The flesh of the heel and toes
too white.
The proof that I was poor
was in the socks,
they screamed
victorious.

I still remember
the sneakers, I’d worked five weeks of a Saturday job,
sweeping dust on a construction site to buy,
casually tossed into a garbage pail full of black banana peels,
coke cans, wasps, diapers, used condoms
and all the other shit. Discarded.
They all laughed that triumphant kind of laughter.
They had won something and
what it was they had won,
I still don’t know.

I still remember
looking at all of the pointed fingers and
sharp faces there in that park and
the girl who lived in the block of apartments
across the street with her grandmother.
Her smile the whitest thing I’d ever seen.
Lips the color of cherry bubble gum.
She was pointing too.

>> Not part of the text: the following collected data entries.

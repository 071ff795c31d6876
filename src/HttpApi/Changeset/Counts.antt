-- ===== src/HttpApi/Changeset/Counts.antt =====
-- The totals of `Changeset::stats`, as counts of lines.
use radicle_client_services.Base.{ℕ, suc, ◌+◌, List, [], ◌∷◌, ◌++◌, ◌≡◌, ◌∙◌, refl, ap, sym, arith}
use radicle_client_services.HttpApi.Changeset.{
  LineDiff, addition, deletion, other_line, FileDiff, other_file, plain, Diff, Stats,
  count_modified, count_created, count_deleted, fold_for, count_file, stats,
}

concat : List (List LineDiff) → List LineDiff
concat [] = []
concat (h ∷ hs) = h ++ concat hs

-- The lines of the plain files.
unfoldable pub lines : List FileDiff → List LineDiff
unfolding concat
lines [] = []
lines (other_file ∷ fs) = lines fs
lines (plain hunks ∷ fs) = concat hunks ++ lines fs

unfoldable pub additions_of : List LineDiff → ℕ
additions_of [] = 0
additions_of (addition ∷ ls) = suc (additions_of ls)
additions_of (_ ∷ ls) = additions_of ls

unfoldable pub deletions_of : List LineDiff → ℕ
deletions_of [] = 0
deletions_of (deletion ∷ ls) = suc (deletions_of ls)
deletions_of (_ ∷ ls) = deletions_of ls

fold_for-append :
    {A : Type 0} (f : A → Stats → Stats) (xs ys : List A) (s : Stats)
    → fold_for f (xs ++ ys) s ≡ fold_for f ys (fold_for f xs s)
unfolding fold_for
fold_for-append f [] ys s = refl
fold_for-append f (x ∷ xs) ys s = fold_for-append f xs ys (f x s)

fold_for-concat :
    (count : LineDiff → Stats → Stats) (hunks : List (List LineDiff)) (s : Stats)
    → fold_for (fold_for count) hunks s ≡ fold_for count (concat hunks) s
unfolding fold_for concat
fold_for-concat count [] s = refl
fold_for-concat count (h ∷ hs) s =
    fold_for-concat count hs (fold_for count h s) ∙ sym (fold_for-append count h (concat hs) s)

fold_for-lines :
    (count : LineDiff → Stats → Stats) (fs : List FileDiff) (s : Stats)
    → fold_for (count_file count) fs s ≡ fold_for count (lines fs) s
unfolding fold_for lines concat count_file
fold_for-lines count [] s = refl
fold_for-lines count (other_file ∷ fs) s = fold_for-lines count fs s
fold_for-lines count (plain hunks ∷ fs) s =
    fold_for-lines count fs (fold_for (fold_for count) hunks s)
    ∙ ap (fold_for count (lines fs)) (fold_for-concat count hunks s)
    ∙ sym (fold_for-append count (concat hunks) (lines fs) s)

-- What each loop adds to the two totals.
count_modified_lem :
    (ls : List LineDiff) (s : Stats)
    → ((fold_for count_modified ls s).additions ≡ s.additions + additions_of ls)
      × ((fold_for count_modified ls s).deletions ≡ s.deletions + deletions_of ls)
unfolding fold_for count_modified additions_of deletions_of
count_modified_lem [] s = (omega arith, omega arith)
count_modified_lem (addition ∷ ls) s =
    let h = count_modified_lem ls (record s { additions = suc s.additions }) in
    (omega (arith, h.0), omega (arith, h.1))
count_modified_lem (deletion ∷ ls) s =
    let h = count_modified_lem ls (record s { deletions = suc s.deletions }) in
    (omega (arith, h.0), omega (arith, h.1))
count_modified_lem (other_line ∷ ls) s = count_modified_lem ls s

count_created_lem :
    (ls : List LineDiff) (s : Stats)
    → ((fold_for count_created ls s).additions ≡ s.additions + additions_of ls)
      × ((fold_for count_created ls s).deletions ≡ s.deletions)
unfolding fold_for count_created additions_of
count_created_lem [] s = (omega arith, refl)
count_created_lem (addition ∷ ls) s =
    let h = count_created_lem ls (record s { additions = suc s.additions }) in
    (omega (arith, h.0), h.1)
count_created_lem (deletion ∷ ls) s = count_created_lem ls s
count_created_lem (other_line ∷ ls) s = count_created_lem ls s

count_deleted_lem :
    (ls : List LineDiff) (s : Stats)
    → ((fold_for count_deleted ls s).additions ≡ s.additions)
      × ((fold_for count_deleted ls s).deletions ≡ s.deletions + deletions_of ls)
unfolding fold_for count_deleted deletions_of
count_deleted_lem [] s = (refl, omega arith)
count_deleted_lem (deletion ∷ ls) s =
    let h = count_deleted_lem ls (record s { deletions = suc s.deletions }) in
    (h.0, omega (arith, h.1))
count_deleted_lem (addition ∷ ls) s = count_deleted_lem ls s
count_deleted_lem (other_line ∷ ls) s = count_deleted_lem ls s

-- The additions are the added lines of the plain files that were modified or created, and the
-- deletions are the deleted lines of those that were modified or deleted.
pub stats_lem :
    (diff : Diff)
    → ((stats diff).additions
        ≡ additions_of (lines diff.modified) + additions_of (lines diff.created))
      × ((stats diff).deletions
          ≡ deletions_of (lines diff.modified) + deletions_of (lines diff.deleted))
unfolding stats
stats_lem diff =
    let zeros : Stats = record { additions = 0; deletions = 0 } in
    let s₁ = fold_for count_modified (lines diff.modified) zeros in
    let s₂ = fold_for count_created (lines diff.created) s₁ in
    let m = count_modified_lem (lines diff.modified) zeros in
    let c = count_created_lem (lines diff.created) s₁ in
    let d = count_deleted_lem (lines diff.deleted) s₂ in
    rw
      (
        fold_for-lines count_modified diff.modified zeros,
        fold_for-lines count_created diff.created s₁,
        fold_for-lines count_deleted diff.deleted s₂,
      )
      (omega (arith, m.0, c.0, d.0), omega (arith, m.1, c.1, d.1))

She called me
pathetic,
a word wrapped in razor-tipped giggles.

I still remember
fishing the sneakers from the garbage.
I couldn’t understand why
my holey socks were funny.
We were all poor,
wearing the same clothes everyday.
Our mothers all working the night-shift and
our fathers construction laborers.
We were all living in the same poor neighborhood
together.


On That Early Morning Street

Hot piss seeping dark into the grit
making shapes,
hard cases squealing like the children
they were

about who would open
the bloodied, unconscious drunk’s
damp billfold.
No one wanted piss on their hands,

the blood was all right.
The blood on our fists was something
to be measured and compared
as though it were the size of our pricks.